Putting Words in Claude's Mouth (Prefill)

Prefilling allows you to start Claude's response for it. This is useful for:

  • Forcing structured outputs (e.g., JSON, multiple choice answers)
  • Guiding the tone or style of the response
  • Reducing token usage by constraining the output

Example: Multiple Choice Answer

import anthropic

client = anthropic.Anthropic()

message = client.messages.create( model="claude-sonnet-4-20250514", max_tokens=1, messages=[ { "role": "user", "content": "What is latin for Ant? (A) Apoidea, (B) Rhopalocera, (C) Formicidae" }, { "role": "assistant", "content": "The answer is (" } ] )

print(message.content[0].text) # Output: "C"

Prefill Limitations

Important: Prefilling is not supported on Claude Opus 4.7, Claude Opus 4.6, and Claude Sonnet 4.6. Requests using prefill with these models return a 400 error. Use structured outputs or system prompt instructions instead.

For models that don't support prefill, consider:

  • Structured outputs: Define a JSON schema for Claude to follow
  • System prompt instructions: Use the system parameter to specify output format

Vision: Working with Images

The Messages API supports image inputs, enabling visual understanding and analysis.

Sending an Image

import anthropic
import base64

client = anthropic.Anthropic()

Read and encode image

with open("chart.png", "rb") as f: image_data = base64.b64encode(f.read()).decode("utf-8")

message = client.messages.create( model="claude-sonnet-4-20250514", max_tokens=1024, messages=[ { "role": "user", "content": [ { "type": "image", "source": { "type": "base64", "media_type": "image/png", "data": image_data } }, { "type": "text", "text": "Describe this chart in detail." } ] } ] )

print(message.content[0].text)

Supported Image Formats

  • JPEG
  • PNG
  • GIF
  • WebP

Best Practices for Vision

  • Use appropriate resolution: Images up to 8,000x8,000 pixels are supported
  • Combine with text: Always include a text prompt alongside images for best results
  • Consider token cost: Images consume tokens proportional to their size

Handling Stop Reasons

Understanding why Claude stopped generating helps you handle different scenarios:

Stop ReasonMeaningAction
end_turnClaude finished naturallyContinue or end conversation
max_tokensOutput hit token limitIncrease max_tokens or truncate
stop_sequenceCustom stop sequence triggeredHandle as designed
tool_useClaude wants to use a toolExecute tool and return result

Error Handling

Common errors and how to handle them:

import anthropic
from anthropic import APIError, APIConnectionError, RateLimitError

try: message = client.messages.create( model="claude-sonnet-4-20250514", max_tokens=1024, messages=[{"role": "user", "content": "Hello"}] ) except RateLimitError: print("Rate limited. Implement exponential backoff.") except APIConnectionError: print("Network issue. Retry with backoff.") except APIError as e: print(f"API error: {e}")

Streaming Responses

For real-time applications, use streaming to receive tokens as they're generated:

import anthropic

client = anthropic.Anthropic()

with client.messages.stream( model="claude-sonnet-4-20250514", max_tokens=1024, messages=[{"role": "user", "content": "Tell me a story"}] ) as stream: for text in stream.text_stream: print(text, end="", flush=True)

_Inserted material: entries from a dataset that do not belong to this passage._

-- ===== src/IoUring/Driver/Slots.antt =====
-- `complete`: each slot that the kernel hands back becomes a frame or goes back to the kernel.
use polaris_trade.Base.{
  ℕ, ◌+◌, ◌≡◌, ◌⊎◌, Bool, leb, Option, none, some, List, [], ◌∷◌, ◌++◌, ◌==◌, if◌then◌else◌, length,
}
use polaris_trade.Base.Weigh.{weigh}
use polaris_trade.Base.Result.{Result, ok, err}
use polaris_trade.Transport.Error.{TransportError, IoErrorKind}
use polaris_trade.Transport.Batch.{FrameBatch, spare}
use polaris_trade.Transport.IndexPool.{IndexFrame}
use polaris_trade.IoUring.Completion.{
  plus, minus, Completion, data_in, truncated_in, empty, no_buffers, failed,
}
use polaris_trade.IoUring.Driver.{Uring, Cqe, ud_recv}

-- The slot that a completion hands back, and the frame that it delivers.
abbrev pub slot_in : Completion → List ℕ
slot_in (data_in slot len rearm) = slot ∷ []
slot_in (truncated_in slot rearm) = slot ∷ []
slot_in (empty rearm) = []
slot_in no_buffers = []
slot_in (failed errno) = []

abbrev pub frame_in : Completion → List IndexFrame
frame_in (data_in slot len rearm) = record { slot = slot; offset = 0; len = len } ∷ []
frame_in (truncated_in slot rearm) = []
frame_in (empty rearm) = []
frame_in no_buffers = []
frame_in (failed errno) = []

module _ (more : ℕ → Bool) (buffer_select : ℕ → Option ℕ) (kind_of : ℕ → IoErrorKind) where
  -- What a completion of a recv hands back: the buffer that its flags name, if the recv did not fail.
  abbrev pub slot_of : Cqe → List ℕ
  slot_of cqe = elim cqe.result [
    | minus errno ↦ []
    | plus n ↦ elim (buffer_select cqe.flags) [ none ↦ [] | some slot ↦ slot ∷ [] ]
  ]

  -- And the datagram that it delivers, if that fits a slot of `size` bytes.
  abbrev pub frame_of : ℕ → Cqe → List IndexFrame
  frame_of size cqe = elim cqe.result [
    | minus errno ↦ []
    | plus n ↦ elim (buffer_select cqe.flags) [
      | none ↦ []
      | some slot ↦ if leb n size then record { slot = slot; offset = 0; len = n } ∷ [] else []
    ]
  ]

  -- Over completions; those of other requests do neither.
  abbrev pub slots_in : List Cqe → List ℕ
  slots_in [] = []
  slots_in (cqe ∷ cqes) = (if cqe.user_data == ud_recv then slot_of cqe else []) ++ slots_in cqes

  abbrev pub frames_in : ℕ → List Cqe → List IndexFrame
  frames_in size [] = []
  frames_in size (cqe ∷ cqes) =
      (if cqe.user_data == ud_recv then frame_of size cqe else []) ++ frames_in size cqes

  -- From `d` to `d'` these slots came back and these frames were pushed.
  pub record Settles (d d' : Uring) (out out' : FrameBatch IndexFrame) (pushed pushed' : ℕ)
      (slots : List ℕ) (fs : List IndexFrame) : Type 0 where
    pub same_size : d'.slot_size ≡ d.slot_size
    pub same_path : d'.path ≡ d.path
    pub moved :
        (w : ℕ → ℕ)
        → weigh (λ f. w f.slot) d'.pool.live + weigh w d'.back
          ≡ weigh (λ f. w f.slot) d.pool.live + weigh w d.back + weigh w slots
    pub pushes : out'.frames ≡ out.frames ++ fs
    pub counts : pushed' ≡ pushed + length fs

  abbrev pub Answered : Result TransportError ℕ → ℕ → FrameBatch IndexFrame → List Cqe → Type 0
  Answered (ok n) total out rest = (n ≡ total) × ((spare out ≡ 0) ⊎ (rest ≡ []))
  Answered (err e) total out rest = Unit

  pub record Completes (d : Uring) (out : FrameBatch IndexFrame) (pushed taken : ℕ)
      (cqes : List Cqe) (result : Result TransportError ℕ × Uring × FrameBatch IndexFrame × ℕ)
      : Type 0 where
    pub seen : List Cqe
    pub rest : List Cqe
    pub total : ℕ
    pub split : cqes ≡ seen ++ rest
    pub took : result.3 ≡ taken + length seen
    pub settled :
        Settles d result.1 out result.2 pushed total (slots_in seen) (frames_in d.slot_size seen)
    pub answered : Answered result.0 total result.2 rest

Streaming is ideal for chatbots and any application where low latency matters.

Key Takeaways

  • The Messages API is stateless — always send the full conversation history with each request. This gives you complete control over context.
  • Use prefill carefully — it's powerful for constraining outputs but not supported on all models. Consider structured outputs as an alternative.
  • Vision capabilities allow you to send images alongside text prompts for multimodal understanding. Always pair images with descriptive text.
  • Handle stop reasons to build robust applications — end_turn, max_tokens, and tool_use each require different responses.
  • Stream for real-time applications — streaming reduces perceived latency and improves user experience in interactive applications.